§ **YOUR ASSIGNMENT**: The expected response is the entire set of entries, copied exactly.

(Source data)

[Start of section]

-- ===== src/Ad9959/Driver.antt =====
-- ad9959/src/lib.rs, `Ad9959`: the register accesses of the driver. The pins, the delay and the
-- interface to the chip act on one board, which is a parameter, as are `f32` and the bit fields of
-- the crate bit_field.
pub mod Channels
pub mod Chip
pub mod Access
pub mod Modified
pub mod RoundTrip
pub mod Clock
pub mod Multiplier
pub mod Tests
use stabilizer.Prelude.{
  ℕ, ◌+◌, ◌*◌, ◌/◌, ltb, leb, ◌==◌, if◌then◌else◌, Bool, true, false, not, ◌&&◌, ◌||◌, List, [],
  ◌∷◌, get_or, set, u8, be16, be32, from_be16, from_be32, bit_or, bit_and,
}
use stabilizer.Prelude.Results.{Result}
use stabilizer.Prelude.Effects.{Action, pure, fail, map_err, ◌>>=◌, ◌>>◌}
use stabilizer.Prelude.Floats.{Floats, as_u16, as_u32}
use stabilizer.Ad9959.{Mode, mode_bits, Register, address, Error, single_bit_two_wire}
use stabilizer.Ad9959.Channel.{all}

-- `read` takes the length of the slice that it fills.
pub record Board : Type 1 where
  pub State : Type 0
  pub Fault : Type 0
  pub configure_mode : Mode → Action State Fault (Unit {0})
  pub write : ℕ → List ℕ → Action State Fault (Unit {0})
  pub read : ℕ → ℕ → Action State Fault (List ℕ)
  pub set_reset_pin : Bool → Action State Fault (Unit {0})
  pub set_io_update : Bool → Action State Fault (Unit {0})
  pub delay_us : ℕ → State → State

-- `get_bits(low..high)`, `set_bits(low..high, value)`, `get_bit(bit)`, `set_bit(bit, value)` of a
-- byte.
pub record BitFields : Type 0 where
  pub get_bits : ℕ → ℕ → ℕ → ℕ
  pub set_bits : ℕ → ℕ → ℕ → ℕ → ℕ
  pub get_bit : ℕ → ℕ → Bool
  pub set_bit : ℕ → ℕ → Bool → ℕ

module _ (floats : Floats) (bits : BitFields) (board : Board) where
  open floats use {Float, from_nat, times, over, less, at_most}
  open board use {State, Fault}

  pub record Ad9959 : Type 0 where
    pub interface : State
    pub reference_clock_frequency : Float
    pub system_clock_multiplier : ℕ
    pub communication_mode : Mode

  abbrev Step : Type 0 → Type 0
  Step A = Action Ad9959 Error A

  -- `call.or(Err(e))?`.
  abbrev pub on_board : {A : Type 0} → Error → Action State Fault A → Step A
  on_board e call d =
      let (b, r) = map_err (λ _. e) call d.interface in (record d { interface = b }, r)

  unfoldable pub write : Register → List ℕ → Step (Unit {0})
  write reg bytes = on_board Error.interface (board.write (address reg) bytes)

  unfoldable pub read : Register → ℕ → Step (List ℕ)
  read reg len = on_board Error.interface (board.read (address reg) len)

  abbrev pub system_clock_frequency : Ad9959 → Float
  system_clock_frequency d = times (from_nat d.system_clock_multiplier) d.reference_clock_frequency

  abbrev pub is_multiplier : ℕ → Bool
  is_multiplier m = (m == 1) || (leb 4 m && leb m 20)

  -- The clock bits of the first byte of FR1.
  abbrev pub clock_bits : ℕ → Bool → List ℕ → List ℕ
  clock_bits multiplier vco_range fr1 =
      let byte = bits.set_bits (get_or fr1 0 0) 2 7 multiplier in
      set fr1 0 (bits.set_bit byte 7 vco_range)

  write_clock : ℕ → Bool → Step Float
  unfolding write read
  write_clock multiplier vco_range = do
    fr1 ← read Register.fr1 3
    write Register.fr1 (clock_bits multiplier vco_range fr1)
    λ d.
        let d = record d { system_clock_multiplier = multiplier } in
        pure (system_clock_frequency d) d

  unfoldable pub configure_system_clock : Float → ℕ → Step Float
  unfolding write_clock
  configure_system_clock reference multiplier d =
      let d = record d { reference_clock_frequency = reference } in
      let frequency = times (from_nat multiplier) reference in
      if not (is_multiplier multiplier)
      then fail Error.bounds d
      else if less (from_nat 500000000) frequency
      then fail Error.frequency d
      else write_clock multiplier (less (from_nat 255000000) frequency) d

  unfoldable pub get_reference_clock_multiplier : Step ℕ
  unfolding read
  get_reference_clock_multiplier = do
    fr1 ← read Register.fr1 3
    pure (bits.get_bits (get_or fr1 0 0) 2 7)

  wait : Step (Unit {0})
  wait d = pure tt (record d { interface = board.delay_us 5 d.interface })

  -- `Err(Error::Check)` unless the register reads back as written.
  check_csr : ℕ → Step (Unit {0})
  unfolding read
  check_csr written = do
    csr ← read Register.csr 1
    if get_or csr 0 0 == written then pure tt else fail Error.check

  -- `io_update` is raised for 5 µs.
  latch : Step (Unit {0})
  unfolding wait
  latch = do
    on_board Error.pin (board.set_io_update true)
    wait
    on_board Error.pin (board.set_io_update false)

  -- `new`, until the mode of the interface is checked.
  bring_up : Mode → Step (Unit {0})
  unfolding wait write latch check_csr
  bring_up mode = do
    on_board Error.pin (board.set_io_update false)
    on_board Error.pin (board.set_reset_pin true)
    wait
    on_board Error.pin (board.set_reset_pin false)
    on_board Error.interface (board.configure_mode single_bit_two_wire)
    write Register.csr (bit_or all (mode_bits mode) ∷ [])
    latch
    on_board Error.interface (board.configure_mode mode)
    wait
    check_csr (bit_or all (mode_bits mode))

  initialize : Mode → Float → ℕ → Step (Unit {0})
  unfolding bring_up latch configure_system_clock
  initialize mode clock_frequency multiplier = do
    bring_up mode
    frequency ← configure_system_clock clock_frequency multiplier
    latch

  -- The driver with its result; after an error the driver is dropped.
  unfoldable pub new : State → Mode → Float → ℕ → Ad9959 × Result Error (Unit {0})
  unfolding initialize
  new interface mode clock_frequency multiplier =
      initialize mode clock_frequency multiplier (record {
        interface = interface;
        reference_clock_frequency = clock_frequency;
        system_clock_multiplier = 1;
        communication_mode = mode;
      })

[End of section]

§ **EXERCISE OUTPUT**:
-- ===== src/Ad9959/Driver.antt =====
-- ad9959/src/lib.rs, `Ad9959`: the register accesses of the driver. The pins, the delay and the
-- interface to the chip act on one board, which is a parameter, as are `f32` and the bit fields of
-- the crate bit_field.
pub mod Channels
pub mod Chip
pub mod Access
pub mod Modified
pub mod RoundTrip
pub mod Clock
pub mod Multiplier
pub mod Tests
use stabilizer.Prelude.{
  ℕ, ◌+◌, ◌*◌, ◌/◌, ltb, leb, ◌==◌, if◌then◌else◌, Bool, true, false, not, ◌&&◌, ◌||◌, List, [],
  ◌∷◌, get_or, set, u8, be16, be32, from_be16, from_be32, bit_or, bit_and,
}
use stabilizer.Prelude.Results.{Result}
use stabilizer.Prelude.Effects.{Action, pure, fail, map_err, ◌>>=◌, ◌>>◌}
use stabilizer.Prelude.Floats.{Floats, as_u16, as_u32}
use stabilizer.Ad9959.{Mode, mode_bits, Register, address, Error, single_bit_two_wire}
use stabilizer.Ad9959.Channel.{all}

-- `read` takes the length of the slice that it fills.
pub record Board : Type 1 where
  pub State : Type 0
  pub Fault : Type 0
  pub configure_mode : Mode → Action State Fault (Unit {0})
  pub write : ℕ → List ℕ → Action State Fault (Unit {0})
  pub read : ℕ → ℕ → Action State Fault (List ℕ)
  pub set_reset_pin : Bool → Action State Fault (Unit {0})
  pub set_io_update : Bool → Action State Fault (Unit {0})
  pub delay_us : ℕ → State → State

-- `get_bits(low..high)`, `set_bits(low..high, value)`, `get_bit(bit)`, `set_bit(bit, value)` of a
-- byte.
pub record BitFields : Type 0 where
  pub get_bits : ℕ → ℕ → ℕ → ℕ
  pub set_bits : ℕ → ℕ → ℕ → ℕ → ℕ
  pub get_bit : ℕ → ℕ → Bool
  pub set_bit : ℕ → ℕ → Bool → ℕ

module _ (floats : Floats) (bits : BitFields) (board : Board) where
  open floats use {Float, from_nat, times, over, less, at_most}
  open board use {State, Fault}

  pub record Ad9959 : Type 0 where
    pub interface : State
    pub reference_clock_frequency : Float
    pub system_clock_multiplier : ℕ
    pub communication_mode : Mode

  abbrev Step : Type 0 → Type 0
  Step A = Action Ad9959 Error A

  -- `call.or(Err(e))?`.
  abbrev pub on_board : {A : Type 0} → Error → Action State Fault A → Step A
  on_board e call d =
      let (b, r) = map_err (λ _. e) call d.interface in (record d { interface = b }, r)

  unfoldable pub write : Register → List ℕ → Step (Unit {0})
  write reg bytes = on_board Error.interface (board.write (address reg) bytes)

  unfoldable pub read : Register → ℕ → Step (List ℕ)
  read reg len = on_board Error.interface (board.read (address reg) len)

  abbrev pub system_clock_frequency : Ad9959 → Float
  system_clock_frequency d = times (from_nat d.system_clock_multiplier) d.reference_clock_frequency

  abbrev pub is_multiplier : ℕ → Bool
  is_multiplier m = (m == 1) || (leb 4 m && leb m 20)

  -- The clock bits of the first byte of FR1.
  abbrev pub clock_bits : ℕ → Bool → List ℕ → List ℕ
  clock_bits multiplier vco_range fr1 =
      let byte = bits.set_bits (get_or fr1 0 0) 2 7 multiplier in
      set fr1 0 (bits.set_bit byte 7 vco_range)

  write_clock : ℕ → Bool → Step Float
  unfolding write read
  write_clock multiplier vco_range = do
    fr1 ← read Register.fr1 3
    write Register.fr1 (clock_bits multiplier vco_range fr1)
    λ d.
        let d = record d { system_clock_multiplier = multiplier } in
        pure (system_clock_frequency d) d

  unfoldable pub configure_system_clock : Float → ℕ → Step Float
  unfolding write_clock
  configure_system_clock reference multiplier d =
      let d = record d { reference_clock_frequency = reference } in
      let frequency = times (from_nat multiplier) reference in
      if not (is_multiplier multiplier)
      then fail Error.bounds d
      else if less (from_nat 500000000) frequency
      then fail Error.frequency d
      else write_clock multiplier (less (from_nat 255000000) frequency) d

  unfoldable pub get_reference_clock_multiplier : Step ℕ
  unfolding read
  get_reference_clock_multiplier = do
    fr1 ← read Register.fr1 3
    pure (bits.get_bits (get_or fr1 0 0) 2 7)

  wait : Step (Unit {0})
  wait d = pure tt (record d { interface = board.delay_us 5 d.interface })

  -- `Err(Error::Check)` unless the register reads back as written.
  check_csr : ℕ → Step (Unit {0})
  unfolding read
  check_csr written = do
    csr ← read Register.csr 1
    if get_or csr 0 0 == written then pure tt else fail Error.check

  -- `io_update` is raised for 5 µs.
  latch : Step (Unit {0})
  unfolding wait
  latch = do
    on_board Error.pin (board.set_io_update true)
    wait
    on_board Error.pin (board.set_io_update false)

  -- `new`, until the mode of the interface is checked.
  bring_up : Mode → Step (Unit {0})
  unfolding wait write latch check_csr
  bring_up mode = do
    on_board Error.pin (board.set_io_update false)
    on_board Error.pin (board.set_reset_pin true)
    wait
    on_board Error.pin (board.set_reset_pin false)
    on_board Error.interface (board.configure_mode single_bit_two_wire)
    write Register.csr (bit_or all (mode_bits mode) ∷ [])
    latch
    on_board Error.interface (board.configure_mode mode)
    wait
    check_csr (bit_or all (mode_bits mode))

  initialize : Mode → Float → ℕ → Step (Unit {0})
  unfolding bring_up latch configure_system_clock
  initialize mode clock_frequency multiplier = do
    bring_up mode
    frequency ← configure_system_clock clock_frequency multiplier
    latch

  -- The driver with its result; after an error the driver is dropped.
  unfoldable pub new : State → Mode → Float → ℕ → Ad9959 × Result Error (Unit {0})
  unfolding initialize
  new interface mode clock_frequency multiplier =
      initialize mode clock_frequency multiplier (record {
        interface = interface;
        reference_clock_frequency = clock_frequency;
        system_clock_multiplier = 1;
        communication_mode = mode;
      })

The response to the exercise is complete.